Mr Daniels then heard nothing further from his Probation Officer. Due to this and so as to be sure that the Court listing had been removed, Mr Daniels emailed the North Cheshire Magistrates Court on the 8th January 2019 (the day of his [withdrawn] listed hearing) and stated as follows:- ‘Hello, Just an enquiry to whether I’m supposed to be in Court today (08/01/2019). It’s Mark Daniels for breach proceedings. I was told that it had been withdrawn but no official confirmation was received. I haven’t appeared before the Court but was wondering whether I was to appear before the Court today. Can I be notified immediately whether I’m of supposed to of appeared. Thanks’.

Following receipt of this email, a Court Clerk telephoned Mr Daniels to confirm that a Court Warrant had been issued for his arrest as he had failed to attend the said hearing despite him being told by his Probation Officer that he did not need to attend the same. As a result, Mr Daniels called Cheshire Constabulary to confirm where he was and that there was a Court Warrant that had been issued for his arrest. At 19:02hrs, Mr Daniels was then arrested at his mother’s house and then escorted to Runcorn Police Station. Mr Daniels was kept in custody overnight until he was transported to North Cheshire Magistrates Court at 07:53hrs (which would now be the 9th January 2019).

Upon attending Court, Mr Daniels consulted with his Criminal Defence Solicitor and explained the above. Mr Daniels’ Solicitor then discussed the matter with a representative of the CRC. During the said discussion, it was confirmed to Mr Daniels’ Solicitor that there has been an ‘administrative error’ as the ‘breach proceedings have been withdrawn but this had not been relayed to the Court’. Once the position was fully clarified, Mr Daniels was then released after being detained for approximately 15 hours in total.

Action Taken

Upon receipt of instructions and after some initial evidence gathering was completed, I sent a Letter of Claim to the CRC on behalf of Mr Daniels. Sometime later, the Government Legal Department (GLD) responded to the same. It transpired that the CRC had sent an email to the National Probation Service’s representative at the Court to notify that Mr Daniels’ hearing was no longer needed. However, it is apparent that this individual did not then communicate the same with the Court’s Listing team which then resulted in the said Hearing going ahead and then a Warrant being issued against Mr Daniels due to his non-attendance. Thus, the failing which caused the Mr Daniels’ false imprisonment stood with the National Probation Service.
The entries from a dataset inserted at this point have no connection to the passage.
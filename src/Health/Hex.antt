-- ===== src/Health/Hex.antt =====
-- Block numbers in health/el.rs: what `parse_hex_block_number` accepts, and what a check returns.
use vixy.Prelude.{
  ℕ, ◌+◌, ◌-◌, ok_or->>=, map_err-ok, ◌*◌, ◌<◌, ◌≡◌, ◌≢◌, ◌↔◌, ◌⊎◌, inl, inr, List, [], ◌∷◌, ◌++◌,
  map, All, Option, none, some, Text, bytes, strip_prefix, strip_prefix-append, strip_prefix_sound,
  false, ltb, if◌then◌else◌, arith, ok, Option-cases, refl, is_empty, Result, ◌>>=◌,
}
use vixy.Health.Number.{u64_mod, to_digit}
use vixy.Health.Number.Laws.{Numeral, value_from, from_str_radix_iff}
use vixy.Health.Net.{Net, Reply, JsonRpcResponse, JsonRpcError}
use vixy.Health.El.{
  no_error, CheckError, parse_hex_block_number, block_number_request, check_el_node,
}

-- `hex` is a hexadecimal number of value `v`, perhaps behind `0x`.
pub record HexNumeral (hex : Text) (v : ℕ) : Type 0 where
  pub body : Text
  pub prefixed : (hex ≡ body) ⊎ (hex ≡ bytes "0x" ++ body)
  pub numeral : Numeral 16 body v
  pub fits : v < u64_mod

Numeral-ne_nil : {radix v : ℕ} (s : Text) → Numeral radix s v → is_empty s ≡ false
Numeral-ne_nil [] n = ground arith
Numeral-ne_nil (c ∷ s) n = refl

-- The `x` of a prefix is no digit, so a number does not begin with `0x`.
value_from-prefix : (s : Text) → value_from 16 0 (bytes "0x" ++ s) ≡ none
unfolding value_from to_digit
value_from-prefix s = refl

Numeral-no_prefix : {v : ℕ} (s : Text) → Numeral 16 s v → strip_prefix (bytes "0x") s ≡ none
Numeral-no_prefix s n = elim (Option-cases (strip_prefix (bytes "0x") s)) [
  | inl miss ↦ miss
  | inr (r, hit) ↦
      absurd (ground (arith, strip_prefix_sound (bytes "0x") s hit, value_from-prefix r))
]

parse_sound : (hex : Text) (v : ℕ) → parse_hex_block_number hex ≡ ok v → HexNumeral hex v
unfolding parse_hex_block_number
parse_sound hex v e = elim (Option-cases (strip_prefix (bytes "0x") hex)) [
  | inl miss ↦
      let (n, b) = (from_str_radix_iff 16 hex v (omega arith)).0 (ground arith) in
      record { body = hex; prefixed = inl refl; numeral = n; fits = b }
  | inr (r, hit) ↦
      let (n, b) = (from_str_radix_iff 16 r v (omega arith)).0 (ground arith) in
      record {
        body = r;
        prefixed = inr (strip_prefix_sound (bytes "0x") hex hit);
        numeral = n;
        fits = b;
      }
]

parse_complete : (hex : Text) (v : ℕ) → HexNumeral hex v → parse_hex_block_number hex ≡ ok v
unfolding parse_hex_block_number
parse_complete hex v h = elim h.prefixed [
  | inl e ↦
      let n : Numeral 16 hex v = rw e h.numeral in
      ground (
        arith,
        Numeral-no_prefix hex n,
        Numeral-ne_nil hex n,
        (from_str_radix_iff 16 hex v (omega arith)).1 (n, h.fits),
      )
  | inr e ↦ ground (
    arith,
    strip_prefix-append (bytes "0x") h.body,
    Numeral-ne_nil h.body h.numeral,
    (from_str_radix_iff 16 h.body v (omega arith)).1 (h.numeral, h.fits),
  )
]

-- A text is accepted with the value `v` exactly when it is a hexadecimal number of that value,
-- with or without `0x`, and the value fits in 64 bits.
parse_hex_block_number_iff :
    (hex : Text) (v : ℕ) → (parse_hex_block_number hex ≡ ok v) ↔ HexNumeral hex v
parse_hex_block_number_iff hex v = (parse_sound hex v, parse_complete hex v)

-- What the node at `url` must answer on a visit to be given block number `b`.
pub record Answers (net : Net) (visit : ℕ) (url : Text) (b : ℕ) : Type 0 where
  pub reply : Reply JsonRpcResponse
  pub response : JsonRpcResponse
  pub result : Text
  pub replied : net.post visit url block_number_request ≡ some reply
  pub decoded : reply.json ≡ some response
  pub no_error : response.error ≡ none
  pub has_result : response.result ≡ some result
  pub number : HexNumeral result b

no_error-ok {ℓ} :
    {B : Type ℓ} (o : Option JsonRpcError) (k : Result CheckError B) {b : B}
    → (no_error o >>= λ _. k) ≡ ok b
    → (o ≡ none) × (k ≡ ok b)
no_error-ok none k h = (refl, h)
no_error-ok (some e) k h = cc

check_sound :
    (net : Net) (visit : ℕ) (url : Text) (b : ℕ)
    → check_el_node net visit url ≡ ok b
    → Answers net visit url b
unfolding check_el_node
check_sound net visit url b h =
    let (reply, replied, h₁) = ok_or->>= (net.post visit url block_number_request) _ _ h in
    let (response, decoded, h₂) = ok_or->>= reply.json _ _ h₁ in
    let (clean, h₃) = no_error-ok response.error _ h₂ in
    let (result, found, h₄) = ok_or->>= response.result _ _ h₃ in
    record {
      reply = reply;
      response = response;
      result = result;
      replied = replied;
      decoded = decoded;
      no_error = clean;
      has_result = found;
      number = parse_sound result b (map_err-ok _ _ h₄);
    }

check_complete :
    (net : Net) (visit : ℕ) (url : Text) (b : ℕ)
    → Answers net visit url b
    → check_el_node net visit url ≡ ok b
unfolding check_el_node
check_complete net visit url b a = ground (arith, parse_complete a.result b a.number)

-- A check of an EL node succeeds with block number `b` exactly when the node answers, its answer
-- decodes, carries no error, and has a hexadecimal number of value `b` below 2^64 as result.
pub check_el_node_iff :
    (net : Net) (visit : ℕ) (url : Text) (b : ℕ)
    → (check_el_node net visit url ≡ ok b) ↔ Answers net visit url b
check_el_node_iff net visit url b = (check_sound net visit url b, check_complete net visit url b)

abbrev pub hex_char : ℕ → ℕ
hex_char d = if ltb d 10 then d + b'0' else d - 10 + b'a'

abbrev pub value_of : ℕ → List ℕ → ℕ
value_of acc [] = acc
value_of acc (d ∷ ds) = value_of (acc * 16 + d) ds

to_digit-hex_char : (d : ℕ) → d < 16 → to_digit 16 (hex_char d) ≡ some d
unfolding to_digit
to_digit-hex_char d h = ground arith

value_from-hex_char :
    (acc : ℕ) (ds : List ℕ)
    → All (λ d. d < 16) ds
    → value_from 16 acc (map hex_char ds) ≡ some (value_of acc ds)
unfolding value_from
value_from-hex_char acc [] h = refl
value_from-hex_char acc (d ∷ ds) h =
    rw (to_digit-hex_char d h.0, value_from) (value_from-hex_char (acc * 16 + d) ds h.1)

-- Printing digits behind `0x` and parsing them gives back their value, if it fits in 64 bits.
pub parse_hex_block_number-print :
    (ds : List ℕ)
    → ds ≢ []
    → All (λ d. d < 16) ds
    → value_of 0 ds < u64_mod
    → parse_hex_block_number (bytes "0x" ++ map hex_char ds) ≡ ok (value_of 0 ds)
parse_hex_block_number-print [] n h b = absurd (n refl)
parse_hex_block_number-print (d ∷ ds) n h b = parse_complete _ _ (record {
  body = map hex_char (d ∷ ds);
  prefixed = inr refl;
  numeral = record {
    digits = map hex_char (d ∷ ds);
    nonempty = λ e. cc;
    signed = inl refl;
    value = value_from-hex_char 0 (d ∷ ds) h;
  };
  fits = b;
})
In response to the claim and on the 5th August 2019, the GLD put forward a derogatory offer of £125.00 in satisfaction of Mr Daniels’ claim in full inclusive of legal costs. This offer was rejected without hesitation by Mr Daniels and a counter offer was submitted to the GLD for consideration. On the 9th September 2019, the GLD put forward a revised offer of £3,000.00 (plus legal costs) and following further settlement discussions, the GLD accepted Mr Daniels’ offer to settle at £3,750.00 on the same day.